Third, while the Congress has managed pre-poll arrangements in some states in the past, this is its first attempt to cobble together a pre-poll alliance at the national level. Pre-poll coalitions till 1989 were primarily anti-Congress in nature. The fragmentation of the party system and the BJP’s search for allies to form a government led to the creation of the NDA in 1998. The Congress contested the 2004 election with some allies, but a national-level coalition in the form of the United Progressive Alliance (UPA) was a post-poll arrangement. While the BJP continues to remain the nucleus of the NDA, it has accumulated greater bargaining power with its geographical and social expansion post-2014. In that sense, the current NDA government is a surplus coalition, in which the anchor party has the strength to form the government but has taken on board other partners. The reasons for the BJP’s willingness to accommodate allies are fairly simple — to make up for the shortage of numbers in Rajya Sabha, and to have such parties (many of them small) bring in a chunk of votes in highly competitive seats.

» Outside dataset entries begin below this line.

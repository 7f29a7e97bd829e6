-- ===== src/RemoteRtt/Config.antt =====
-- The settings of remote-rtt and the texts made of them.
use Prim.Native.String.{◌++◌ as str_append}
use kotatsu_backend.Prelude.{ℕ, String, List, [], ◌∷◌, Option, none, some}
use kotatsu_backend.Realtime.Error.{display_u64}
use kotatsu_backend.Realtime.Layout.{unwrap_or}

abbrev pub default_host : String
default_host = "kotatsu.ruxel.net"

abbrev pub default_api_port : ℕ
default_api_port = 8080

abbrev pub default_udp_port : ℕ
default_udp_port = 4433

abbrev pub default_samples : ℕ
default_samples = 10

pub record Config : Type 0 where
  pub remote_host : String
  pub remote_ip : Option String
  pub api_port : ℕ
  pub udp_port : ℕ
  pub samples : ℕ
  pub api_base_url : Option String
  pub udp_override_url : Option String

-- Why `parse_config` gives no configuration. A number that does not parse names what it was given
-- for and the type; `exit` is the end of the process, with the text printed.
pub data Stop : Type 0 where
  failed_to_parse : String → String → Stop
  missing_value : String → Stop
  zero_samples : Stop
  unknown_argument : String → String → Stop
  exit : String → Stop

-- The texts joined: `format!` of a literal with arguments.
abbrev pub concat : List String → String
concat [] = ""
concat (s ∷ rest) = str_append s (concat rest)

-- `Config::api_base`
unfoldable pub api_base : Config → String
api_base config = elim config.api_base_url [
  | some url ↦ url
  | none ↦
      let target = unwrap_or config.remote_ip config.remote_host in
      concat ("http://" ∷ target ∷ ":" ∷ display_u64 config.api_port ∷ [])
]

-- `Config::udp_override`
unfoldable pub udp_override : Config → String
udp_override config = elim config.udp_override_url [
  | some url ↦ url
  | none ↦
      let target = unwrap_or config.remote_ip config.remote_host in
      concat ("udp://" ∷ target ∷ ":" ∷ display_u64 config.udp_port ∷ [])
]

-- A backslash at the end of a line of the source drops the spaces before the next line.
unfoldable pub usage : String → String
usage program = concat (
    "Usage: "
    ∷ program
    ∷ " [options]\n\nMeasures post-connect UDP datagram one-way latency over\n"
    ∷ "client A -> server -> client B.\n\nOptions:\n"
    ∷ "--host <host>            Remote hostname (default: "
    ∷ default_host
    ∷ ")\n--remote-ip <ip>         Use this IP for API/UDP instead of resolving the host\n"
    ∷ "--api-port <port>        HTTP API port (default: "
    ∷ display_u64 default_api_port
    ∷ ")\n--udp-port <port>        UDP port (default: "
    ∷ display_u64 default_udp_port
    ∷ ")\n--samples <count>        Number of datagram samples (default: "
    ∷ display_u64 default_samples
    ∷ ")\n--api-base-url <url>     Override the full HTTP API base URL\n"
    ∷ "--udp-url <url>          Override the full UDP URL\n"
    ∷ "-h, --help               Show this help\n\nEnvironment fallback:\n"
    ∷ "REMOTE_HOST, REMOTE_IP, API_PORT, UDP_PORT, RTT_SAMPLES,\n"
    ∷ "API_BASE_URL, UDP_OVERRIDE_URL\n"
    ∷ [])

Fourth, the weakening of the Congress has severely curtailed its negotiating power. Given the changed equation of these two anchor parties in their respective coalitions, it is entirely possible that the Congress contests the lowest number of Lok Sabha seats in its history in 2024. The Congress contested its lowest number of seats in 2004 (417) and second-lowest in 2019 (423). In 2004, the Congress was either a winner or runner-up in 316 seats, but this was only 263 in 2019 -- its lowest. The BJP first surpassed the Congress in terms of seats won in 1996, and votes in 1998; 2019 added another stat: The BJP contested more seats than the Congress for the first time, and this is likely to be repeated in 2024.

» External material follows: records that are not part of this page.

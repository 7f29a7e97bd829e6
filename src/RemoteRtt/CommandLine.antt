-- ===== src/RemoteRtt/CommandLine.antt =====
-- Where remote-rtt takes its settings from: the environment first, then the command line. `env::var`
-- is a function from names.
use kotatsu_backend.Prelude.{
  ℕ, String, String_eq, List, [], ◌∷◌, Option, none, some, Result, ok, err, ltb, nat_eq,
  if◌then◌else◌, ◌==◌, ◌||◌, ◌≡◌, refl, arith,
}
use kotatsu_backend.Realtime.Layout.{unwrap_or}
use kotatsu_backend.RemoteRtt.Numbers.{u16_max, u64_max, parse_unsigned}
use kotatsu_backend.RemoteRtt.Config.{
  Config, Stop, default_host, default_api_port, default_udp_port, default_samples, usage,
}

-- `?` on a `Result`.
infixl 5 ◌>>=◌
abbrev pub ◌>>=◌ : {E A B : Type 0} → Result A E → (A → Result B E) → Result B E
ok a >>= f = f a
err e >>= f = err e

pub bind-ok :
    {E A B : Type 0} (r : Result A E) (f : A → Result B E) (b : B)
    → (r >>= f) ≡ ok b
    → (a : A) × (r ≡ ok a) × (f a ≡ ok b)
bind-ok (ok a) f b h = (a, refl, h)
bind-ok (err e) f b h = absurd (ground arith)

-- `.with_context(..)` on the result of `parse`.
abbrev parsed : String → String → Option ℕ → Result ℕ Stop
parsed flag name none = err (Stop.failed_to_parse flag name)
parsed flag name (some n) = ok n

unfoldable pub parse_u16 : String → String → Result ℕ Stop
parse_u16 value flag = parsed flag "u16" (parse_unsigned u16_max value)

unfoldable pub parse_usize : String → String → Result ℕ Stop
parse_usize value flag = parsed flag "usize" (parse_unsigned u64_max value)

-- The arms of the `match` on an argument. Where two names stand in one arm, the one used is kept.
pub data Flag : Type 0 where
  host remote_ip api_port udp_port samples api_base_url udp_url : Flag

pub data Argument : Type 0 where
  takes : Flag → Argument
  help unknown : Argument

unfoldable pub argument : String → Argument
argument arg =
    if arg == "--host"
    then Argument.takes Flag.host
    else if arg == "--remote-ip"
    then Argument.takes Flag.remote_ip
    else if arg == "--api-port"
    then Argument.takes Flag.api_port
    else if arg == "--udp-port" || arg == "--quic-port"
    then Argument.takes Flag.udp_port
    else if arg == "--samples"
    then Argument.takes Flag.samples
    else if arg == "--api-base-url"
    then Argument.takes Flag.api_base_url
    else if arg == "--udp-url" || arg == "--quic-url"
    then Argument.takes Flag.udp_url
    else if arg == "-h" || arg == "--help"
    then Argument.help
    else Argument.unknown

-- What an arm does with the value behind its argument.
unfoldable pub set : Flag → String → String → Config → Result Config Stop
set Flag.host arg value config = ok (record config { remote_host = value })
set Flag.remote_ip arg value config = ok (record config { remote_ip = some value })
set Flag.api_port arg value config = do
  port ← parse_u16 value "--api-port"
  ok (record config { api_port = port })
set Flag.udp_port arg value config = do
  port ← parse_u16 value arg
  ok (record config { udp_port = port })
set Flag.samples arg value config = do
  count ← parse_usize value "--samples"
  if nat_eq count 0 then err Stop.zero_samples else ok (record config { samples = count })
set Flag.api_base_url arg value config = ok (record config { api_base_url = some value })
set Flag.udp_url arg value config = ok (record config { udp_override_url = some value })

-- The loop over the arguments behind the program's name.
unfoldable pub parse_args : String → Config → List String → Result Config Stop
parse_args program config [] = ok config
parse_args program config (arg ∷ []) = elim (argument arg) [
  | Argument.takes flag ↦ err (Stop.missing_value arg)
  | Argument.help ↦ err (Stop.exit (usage program))
  | Argument.unknown ↦ err (Stop.unknown_argument arg (usage program))
]
parse_args program config (arg ∷ value ∷ rest) = elim (argument arg) [
  | Argument.takes flag ↦ do config' ← set flag arg value config; parse_args program config' rest
  | Argument.help ↦ err (Stop.exit (usage program))
  | Argument.unknown ↦ err (Stop.unknown_argument arg (usage program))
]

-- `.filter(|value| !value.is_empty())`
abbrev non_empty : Option String → Option String
non_empty none = none
non_empty (some s) = if s == "" then none else some s

-- `.or_else(..)` of an `Option`.
abbrev pub or_else : Option String → Option String → Option String
or_else none other = other
or_else (some s) other = some s

-- `.map(..).transpose()?`
abbrev pub optional : (String → Result ℕ Stop) → Option String → Result (Option ℕ) Stop
optional parse none = ok none
optional parse (some value) = do n ← parse value; ok (some n)

-- `.filter(|value| *value > 0).unwrap_or(DEFAULT_SAMPLES)`
abbrev pub positive_or : ℕ → Option ℕ → ℕ
positive_or default none = default
positive_or default (some n) = if ltb 0 n then n else default

-- The numbers that the environment gives, each with its default.
module _ (var : String → Option String) where
  unfoldable pub env_api_port : Result ℕ Stop
  env_api_port = do
    port ← optional (λ value. parse_u16 value "API_PORT") (var "API_PORT")
    ok (unwrap_or port default_api_port)

  unfoldable pub env_udp_port : Result ℕ Stop
  env_udp_port = do
    port ←
        optional (λ value. parse_u16 value "UDP_PORT") (or_else (var "UDP_PORT") (var "QUIC_PORT"))
    ok (unwrap_or port default_udp_port)

  unfoldable pub env_samples : Result ℕ Stop
  env_samples = do
    count ← optional (λ value. parse_usize value "RTT_SAMPLES") (var "RTT_SAMPLES")
    ok (positive_or default_samples count)

  unfoldable pub env_config : Result Config Stop
  env_config = do
    port ← env_api_port
    udp ← env_udp_port
    count ← env_samples
    ok record {
      remote_host = unwrap_or (var "REMOTE_HOST") default_host;
      remote_ip = non_empty (var "REMOTE_IP");
      api_port = port;
      udp_port = udp;
      samples = count;
      api_base_url = non_empty (var "API_BASE_URL");
      udp_override_url = non_empty (or_else (var "UDP_OVERRIDE_URL") (var "QUIC_OVERRIDE_URL"));
    }

-- The arguments behind the program's name, if the system gives one.
abbrev rest_of : List String → List String
rest_of [] = []
rest_of (program ∷ rest) = rest

abbrev program_of : List String → String
program_of [] = "remote-rtt"
program_of (program ∷ rest) = program

unfoldable pub parse_config : (String → Option String) → List String → Result Config Stop
parse_config var args = do
  config ← env_config var
  parse_args (program_of args) config (rest_of args)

Fifth, political parties enter pre-election arrangements for vote-pooling and resource-pooling incentives, and post-election arrangements to share the spoils of power or safeguard their base from being poached. The stability of any coalition is thus determined by mutual interdependence. Past experiences indicate that coalitions are more likely to win elections when their size (number of electorally viable parties) is large and when each partner can mobilise mutually exclusive yet significant social sections. However, alliances also bring negative externalities for partners. While competing for vote maximisation in the short-run, parties must cautiously tread in choosing partners as it could also lead to long-term losses. The growth of many state-level formations happened on the back of their alliances with the Congress – the All India Anna Dravida Munnetra Kazhagam in Tamil Nadu, the Samajwadi Party and the Bahujan Samaj Party in Uttar Pradesh, and the Rashtriya Janata Dal in Bihar, for example. The BJP, on the other hand, has grown at the expense of its allies – the Asom Gana Parishad in Assam, the Lok Shakti in Karnataka, and the Shiv Sena in Maharashtra.

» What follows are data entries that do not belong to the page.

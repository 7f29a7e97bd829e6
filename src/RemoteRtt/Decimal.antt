-- ===== src/RemoteRtt/Decimal.antt =====
-- A number that is printed in decimal is read back as itself.
use Prim.Native.Char.{Char, code}
use Prim.Native.String.{[], ◌∷◌, ◌++◌}
use Prim.Native.String.append
use Prim.Native.Nat.pow
use kotatsu_backend.Prelude.{
  ℕ, zero, suc, ◌+◌, ◌-◌, ◌*◌, ◌/◌, ◌%◌, ◌^◌, ◌≤◌, ◌<◌, ◌≡◌, ◌≢◌, refl, String, some, arith, inl,
  inr, Bool-cases, ltb,
}
use kotatsu_backend.Realtime.Error.{digit, decimal, display_u64}
use kotatsu_backend.RemoteRtt.Numbers.{u64_max, parse_digits, parse_unsigned}

parse_digits-append :
    (max : ℕ) (s t : String) (read n : ℕ)
    → parse_digits max s read ≡ some n
    → parse_digits max (s ++ t) read ≡ parse_digits max t n
unfolding parse_digits
parse_digits-append max [] t read n h =
    let same : read ≡ n = ground arith in rw (append.nil, same) refl
parse_digits-append max (c ∷ s) t read n h =
    let rest = parse_digits-append max s t (read * 10 + (code c - b'0')) n in
    rw append.cons (ground (arith, rest))

digit-code : (d : ℕ) → d < 10 → (c : Char) × (digit d ≡ c ∷ []) × (code c ≡ b'0' + d)
digit-code zero h = ("0", refl, refl)
digit-code (suc zero) h = ("1", refl, refl)
digit-code (suc (suc zero)) h = ("2", refl, refl)
digit-code (suc (suc (suc zero))) h = ("3", refl, refl)
digit-code (suc (suc (suc (suc zero)))) h = ("4", refl, refl)
digit-code (suc (suc (suc (suc (suc zero))))) h = ("5", refl, refl)
digit-code (suc (suc (suc (suc (suc (suc zero)))))) h = ("6", refl, refl)
digit-code (suc (suc (suc (suc (suc (suc (suc zero))))))) h = ("7", refl, refl)
digit-code (suc (suc (suc (suc (suc (suc (suc (suc zero)))))))) h = ("8", refl, refl)
digit-code (suc (suc (suc (suc (suc (suc (suc (suc (suc zero))))))))) h = ("9", refl, refl)
digit-code (suc (suc (suc (suc (suc (suc (suc (suc (suc (suc d)))))))))) h = absurd (omega arith)

parse_digits-digit :
    (max d read n : ℕ)
    → d < 10
    → read * 10 + d ≡ n
    → n ≤ max
    → parse_digits max (digit d) read ≡ some n
unfolding parse_digits
parse_digits-digit max d read n h e le = let (c, same, v) = digit-code d h in rw same (ground arith)

parse_digits-decimal :
    (max fuel n : ℕ) → n < 10 ^ fuel → n ≤ max → parse_digits max (decimal fuel n) 0 ≡ some n
unfolding decimal parse_digits
parse_digits-decimal max zero n h le = ground arith
parse_digits-decimal max (suc fuel) n h le = elim (Bool-cases (ltb n 10)) [
  | inl small ↦ rw small (parse_digits-digit max n 0 n (ground arith) (omega arith) le)
  | inr large ↦
      let shorter : n / 10 < 10 ^ fuel = grind (arith, pow.suc 10 fuel) in
      let front = parse_digits-decimal max fuel (n / 10) shorter (omega arith) in
      rw (large, parse_digits-append max (decimal fuel (n / 10)) (digit (n % 10)) 0 (n / 10) front)
        (parse_digits-digit max (n % 10) (n / 10) n (omega arith) (omega arith) le)
]

String-cons-ne-nil : (c : Char) (s : String) → c ∷ s ≢ []
String-cons-ne-nil c s e = cc

append-ne-nil : (s t : String) → t ≢ [] → s ++ t ≢ []
append-ne-nil [] t h = rw append.nil h
append-ne-nil (c ∷ s) t h = rw append.cons (String-cons-ne-nil c (s ++ t))

digit-ne-nil : (d : ℕ) → d < 10 → digit d ≢ []
digit-ne-nil d h = let (c, same, v) = digit-code d h in rw same (String-cons-ne-nil c [])

decimal-ne-nil : (fuel n : ℕ) → decimal (suc fuel) n ≢ []
unfolding decimal
decimal-ne-nil fuel n = elim (Bool-cases (ltb n 10)) [
  | inl small ↦ rw small (digit-ne-nil n (ground arith))
  | inr large ↦
      rw large (append-ne-nil (decimal fuel (n / 10)) _ (digit-ne-nil (n % 10) (omega arith)))
]

-- What is read as digits has no sign.
parse_unsigned-digits :
    (max : ℕ) (s : String) (n : ℕ)
    → s ≢ []
    → parse_digits max s 0 ≡ some n
    → parse_unsigned max s ≡ some n
unfolding parse_unsigned parse_digits
parse_unsigned-digits max [] n h e = absurd (h refl)
parse_unsigned-digits max (c ∷ []) n h e = e
parse_unsigned-digits max (c ∷ d ∷ s) n h e = ground arith

-- A number of at most twenty digits and at most the bound is read back from its print.
pub parse_unsigned-display_u64 :
    (max n : ℕ) → n ≤ max → n ≤ u64_max → parse_unsigned max (display_u64 n) ≡ some n
unfolding display_u64
parse_unsigned-display_u64 max n le fits =
    parse_unsigned-digits max (decimal 20 n) n (decimal-ne-nil 19 n)
      (parse_digits-decimal max 20 n (omega arith) le)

Finally, India’s experiments with coalition politics indicate a successful and stable alliance depends on three things — an anchor party, a unanimously chosen leader and some ideological congruence (or a common minimum programme). Each of these things is present in the current NDA, while INDIA still needs to find its three ingredients. These are necessary, but not sufficient conditions for either the electoral success or longevity of a coalition, but they perform critical roles. The anchor party forms the nucleus of the alliance, exercises relatively greater influence in decision-making, including seat-sharing arrangements, and maintains a preeminent position in solving inter-party disputes. The presence of a unanimously chosen leader and common minimum programme not only helps in mobilising voters, but also minimises the possibility of leadership struggles.

The field for 2024 is set and narratives are being tested; however, the structure of political competition indicates that it is an open contest but with closed options. For now, no new political energies seem to be on the horizon, no new social configurations are being experimented on the ground, and no radical promise is being offered. In that sense, 2024 may be business as usual and not an election that sees critical realignments.

Rahul Verma is a fellow at the Centre for Policy Research (CPR), New Delhi. The views expressed are personal.